I put together a little crate to do this based off vbo's answer. It gives you a macro to return or print out the type.
Put this in your Cargo.toml file:
[dependencies]
t_bang = "0.1.2"
Then you can use it like so:
#[macro_use] extern crate t_bang;
use t_bang::*;
fn main() {
let x = 5;
let x_type = t!(x);
println!("{:?}", x_type); // prints out: "i32"

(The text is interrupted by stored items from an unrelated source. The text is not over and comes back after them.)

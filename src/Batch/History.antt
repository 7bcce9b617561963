-- ===== src/Batch/History.antt =====
-- A batch from its creation on: any sequence of transitions and executions, with the calls that
-- raise among them.
use poly_zq_trading.Prelude.{Option, none, some, ℕ, ◌≡◌, refl, List, [], ◌∷◌, true, contains, arith}
use poly_zq_trading.Prelude.Int.{ℤ, pos, ◌<ℤ◌}
use poly_zq_trading.Domain.Enums.{BatchState, idle}
use poly_zq_trading.Domain.Calendar.{MeetingCalendar}
use poly_zq_trading.Batch.Types.{HedgeObligation, Reason, Machine, Result, ok, err, Error}
use poly_zq_trading.Batch.Machine.{add_obligations, transition, record_zq_execution}
use poly_zq_trading.Batch.Executions.{
  Outcome, refused, repeated, filled, record_zq_execution-Outcome,
}

-- `BatchMachine(calendar, effr, batch_id, original_quantity=quantity)`
unfoldable pub new_machine : MeetingCalendar → ℤ → ℕ → ℕ → Machine
new_machine calendar effr batch_id quantity = record {
  calendar = calendar;
  pre_meeting_effr = effr;
  batch_id = batch_id;
  state = idle;
  original_quantity = quantity;
  filled_quantity = 0;
  seen_exec_ids = [];
  obligations = [];
  transition_history = [];
}

pub data Command : Type 0 where
  move : BatchState → Reason → Command
  fill : ℕ → ℤ → Command

-- A caller that goes on after an exception.
unfoldable pub obey : Command → Machine → Machine
obey (move next reason) m = (transition next reason m).1
obey (fill exec_id delta) m = (record_zq_execution exec_id delta m).1

unfoldable pub run : List Command → Machine → Machine
run [] m = m
run (c ∷ cs) m = run cs (obey c m)

-- The exception of a call.
abbrev error_of : {A : Type 0} → Result A → Option Error
error_of (ok _) = none
error_of (err e) = some e

unfoldable pub outcome : Command → Machine → Option Error
outcome (move next reason) m = error_of (transition next reason m).0
outcome (fill exec_id delta) m = error_of (record_zq_execution exec_id delta m).0

-- A call of either method that raises has changed nothing.
pub obey-error : (c : Command) (m : Machine) (e : Error) → outcome c m ≡ some e → obey c m ≡ m
unfolding outcome obey transition
obey-error (move next reason) m e h = ground arith
obey-error (fill exec_id delta) m e h =
    same (record_zq_execution exec_id delta m) (record_zq_execution-Outcome exec_id delta m) h
  where
    same :
        (r : Result (List HedgeObligation) × Machine)
        → Outcome exec_id delta m r
        → error_of r.0 ≡ some e
        → r.1 ≡ m
    same r (refused _) h = refl
    same r (repeated _) h = refl
    same r (filled _ _) h = absurd (ground arith)

seen_after :
    (exec_id : ℕ) (delta : ℤ) (m : Machine) {created : List HedgeObligation}
    → (record_zq_execution exec_id delta m).0 ≡ ok created
    → contains exec_id (record_zq_execution exec_id delta m).1.seen_exec_ids ≡ true
unfolding add_obligations
seen_after exec_id delta m {created} =
    seen (record_zq_execution exec_id delta m) (record_zq_execution-Outcome exec_id delta m)
  where
    seen :
        (r : Result (List HedgeObligation) × Machine)
        → Outcome exec_id delta m r
        → r.0 ≡ ok created
        → contains exec_id r.1.seen_exec_ids ≡ true
    seen r (refused _) h = cc
    seen r (repeated old) h = old
    seen r (filled _ _) h = ground arith

-- An execution id counts once: after a call that went through, a call with the same id and any
-- positive quantity creates no obligation and changes nothing.
pub record_zq_execution-repeat :
    (exec_id : ℕ) (delta delta' : ℤ) (m : Machine) {created : List HedgeObligation}
    → (record_zq_execution exec_id delta m).0 ≡ ok created
    → pos 0 <ℤ delta'
    → let m' = (record_zq_execution exec_id delta m).1 in
      record_zq_execution exec_id delta' m' ≡ (ok [], m')
record_zq_execution-repeat exec_id delta delta' m h positive =
    again (record_zq_execution exec_id delta m).1 (seen_after exec_id delta m h)
  where
    again :
        (m' : Machine)
        → contains exec_id m'.seen_exec_ids ≡ true
        → record_zq_execution exec_id delta' m' ≡ (ok [], m')
    again m' old = unfold record_zq_execution in ground (arith, old)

pt!(x); // prints out: "i32"
pt!(5); // prints out: "i32"
}
You can also use the simple approach of using the variable in println!("{:?}", var). If Debug is not implemented for the type, you can see the type in the compiler's error message:
mod some {
pub struct SomeType;
}
fn main() {
let unknown_var = some::SomeType;
println!("{:?}", unknown_var);
}
(playpen)
It's dirty but it works.
There's a #ChrisMorgan answer to get approximate type ("float") in stable rust and there's a #ShubhamJain answer to get precise type ("f64") through unstable function in nightly rust.
Now here's a way one can get precise type (ie decide between f32 and f64) in stable rust:
fn main() {
let a = 5.;
let _: () = unsafe { std::mem::transmute(a) };
}
results in
error[E0512]: cannot transmute between types of different sizes, or dependently-sized types
--> main.rs:3:27
|
3 | let _: () = unsafe { std::mem::transmute(a) };
| ^^^^^^^^^^^^^^^^^^^
|
= note: source type: `f64` (64 bits)
= note: target type: `()` (0 bits)
Update
The turbofish variation
fn main() {
let a = 5.;
unsafe { std::mem::transmute::<_, ()>(a) }
}
is slightly shorter but somewhat less readable.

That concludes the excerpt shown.